OT: Oh, I see. Well, shouldn’t we just follow their example?

This was followed by me rambling on and on that although I want to, I don’t think we should because I don’t want things to be awkward. And then he kissed me… and my heart stopped, my knees went weak and I got a glimpse of heaven. We found a place less obvious and just kissed & talked for about another half an hour. After everything I drank that night I was wearing my heart on my sleeve, I never directly told him that I liked him but from all my ramblings it was obvious and if he didn’t catch on, he must be deaf and blind. After the wedding we were all supposed to go to the place where OT and his friends were staying to continue the party. The Socialite was supposed to get us there, cause she knew how to get back to the place we were staying. Her hormones took over and me & the Confidant found ourselves without our GPS (The Socialite). We had to sleep at the OT’s place, something I really didn’t want to do. I slept with him in his bed, cause there wasn’t any open beds. We only slept, but it felt so cheap to me. I’m normally not such a prude about things like this. But he makes me want to be a better person. And it didn’t feel right sleeping next to him on the same night we kissed for the first time.

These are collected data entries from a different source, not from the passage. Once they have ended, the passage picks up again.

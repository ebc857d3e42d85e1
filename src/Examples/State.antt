-- ===== src/Examples/State.antt =====
-- examples/eth-canister/src: the state (store.rs), the refresh of the tokens (tasks.rs), the hooks
-- (init.rs) and the calls that change or show the state (lib.rs).
--
-- `sign` is `sign_proxy_token`, `public_key` is `get_proxy_token_public_key`, each at one call.
-- `time` is what `ic_cdk::api::time` returns, by the number of agents left. A trap or a panic is
-- `none`. The timers start `refresh_proxy_token`, after an installation `startup`.
mod Tests
use idempotent_proxy.Prelude.{
  ℕ, ◌+◌, ◌*◌, ◌/◌, ◌%◌, String, Bool, ◌&&◌, not, Option, none, some, List, [], ◌∷◌, length, lookup,
  insert, is_empty, text_is_empty, if◌then◌else◌, Result, ok, err, ◌>>=◌, u64_mod,
}
use mathlib.Core.Option
use idempotent_proxy.Examples.EthCanister.{RpcAgent}

-- `State` of store.rs.
pub record EthState : Type 0 where
  pub ecdsa_key_name : String
  pub rpc_proxy_public_key : String
  pub rpc_agents : List RpcAgent

-- `State::default()`.
abbrev pub default_eth_state : EthState
default_eth_state = record { ecdsa_key_name = ""; rpc_proxy_public_key = ""; rpc_agents = [] }

-- `get_agent`.
unfoldable pub get_agent : EthState → Option RpcAgent
get_agent s = elim s.rpc_agents [ [] ↦ none | a ∷ rest ↦ some a ]

-- `init_ecdsa_public_key`: the key's name is that of the state `before`, and `s` is the state that
-- other messages have left when the key has arrived.
unfoldable pub init_ecdsa_public_key :
    (String → Result String String) → EthState → EthState → Option EthState
init_ecdsa_public_key public_key before s =
    if text_is_empty before.rpc_proxy_public_key && not (text_is_empty before.ecdsa_key_name)
    then elim (public_key before.ecdsa_key_name) [
      | ok pk ↦ some (record s { rpc_proxy_public_key = pk })
      | err e ↦ none
    ]
    else some s

abbrev pub seconds : ℕ
seconds = 1_000_000_000

-- `REFRESH_PROXY_TOKEN_INTERVAL`.
abbrev pub refresh_proxy_token_interval : ℕ
refresh_proxy_token_interval = 60 * 60

-- `(time() / SECONDS) + REFRESH_PROXY_TOKEN_INTERVAL + 120`, in `u64`.
abbrev pub expiry : ℕ → ℕ
expiry time = ((time / seconds + refresh_proxy_token_interval) % u64_mod + 120) % u64_mod

module _ (sign : String → ℕ → String → Result String String) (time : ℕ → ℕ) where
  -- The loop, with the tokens by name so far.
  unfoldable pub sign_rpc_agents :
      String → List (String × String) → List RpcAgent → Option (List RpcAgent)
  sign_rpc_agents key_name tokens [] = some []
  sign_rpc_agents key_name tokens (a ∷ agents) = elim (lookup a.name tokens) [
    | some token ↦
        Option.map (λ l. record a { proxy_token = some token } ∷ l)
          (sign_rpc_agents key_name tokens agents)
    | none ↦ elim (sign key_name (expiry (time (length agents))) a.name) [
      | err e ↦ none
      | ok token ↦
          Option.map (λ l. record a { proxy_token = some token } ∷ l)
            (sign_rpc_agents key_name (insert a.name token tokens) agents)
    ]
  ]

  -- `s` is the state when the last signature has arrived.
  unfoldable pub update_proxy_token : String → List RpcAgent → EthState → Option EthState
  update_proxy_token key_name rpc_agents s =
      if is_empty rpc_agents
      then some s
      else Option.map (λ l. record s { rpc_agents = l }) (sign_rpc_agents key_name [] rpc_agents)

  unfoldable pub refresh_proxy_token : EthState → EthState → Option EthState
  refresh_proxy_token before s = update_proxy_token before.ecdsa_key_name before.rpc_agents s

  -- `admin_set_agents` behind its guard, for a caller who is a controller or not. A call
  -- that returns an error has awaited nothing, so that `s` is the state that it finds.
  unfoldable pub admin_set_agents :
      Bool → List RpcAgent → EthState → EthState → Option (EthState × Result (Unit {0}) String)
  admin_set_agents controller agents before s =
      if not controller
      then some (s, err "user is not a controller")
      else if is_empty agents
      then some (s, err "agents cannot be empty")
      else Option.map (λ s'. (s', ok tt)) (update_proxy_token before.ecdsa_key_name agents s)

-- `get_state`.
unfoldable pub get_state : Bool → EthState → EthState
get_state controller s = if not controller then record s { rpc_agents = [] } else s

-- `InitArgs` and `UpgradeArgs` of init.rs.
pub data EthArgs : Type 0 where
  init_args : String → EthArgs
  upgrade_args : EthArgs

-- `init`, from the state at its start.
unfoldable pub init : Option EthArgs → EthState → Option EthState
init none s = none
init (some upgrade_args) s = none
init (some (init_args key_name)) s = some (record s { ecdsa_key_name = key_name })

-- `post_upgrade`, from the state in stable memory.
unfoldable pub post_upgrade : Option EthArgs → EthState → Option EthState
post_upgrade none s = some s
post_upgrade (some upgrade_args) s = some s
post_upgrade (some (init_args key_name)) s = none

Now here’s the problem, I’d rather have him as a friend, and be certain that he is in my life and hide my crush than have him feel he has too avoid me cause he doesn’t want to hurt me by not returning the affection. It was the perfect night and the perfect kiss, but I wish I could take it back. I feel vulnerable and exposed now. I tried to tell my heart it’s a crime to fall in love again. But after that kiss, my heart is loudly protesting. I’m moving to another town the end of the month…

I’m the queen of one night flings, but I don’t want to be his one night fling.

I would rather still have a secret crush on him, and have my dreams where everything is possible and he is crazy about me too. Now it’s gone, and I would do anything to get it back, cause it’s much better in my fantasies than it is in reality…

4 comments:

miss rambles said...

u say u believe in having loved and lost, but it was one night, one kiss, it could be more how can u be so sure it would ruin everything?

was it awkward leaving him?

Sam said...

Hey CJ!

Well, I don’t know. I left in such a hurry cause we still had to drive back to the Free State (more than 800km) that we didn’t talk much. It wasn't awkward, but it wasn't comfortable. He gave me a kiss, I asked him if he will be coming over the week and he said he would. But I’m very skeptical, guys sometimes make promises they don’t keep because they don’t know how to handle the situation. I never make promises I don’t keep or say things I don’t mean. But other people do. I have trust issues that reared their ugly little heads out of previous relationships. I hate that about myself and I’m trying to work on it, but it’s difficult. I guess only time will tell. I really hope it didn't ruin everything.

miss rambles said...

i feel you on the trust thing. i guess u jst gotta wait and see what happens during the week.

and i guess if you already know what you want it will make it easier wen you see him.

also don't over-think it, it will jst make u even more nervous to see him.

good luck:-)

Sam said...

I haven't heard from him yet but he's writing a big exam tomorrow, so maybe after Wednesday. I tend to over think, but trying my best not to do it this time. Thanx for your support & advice!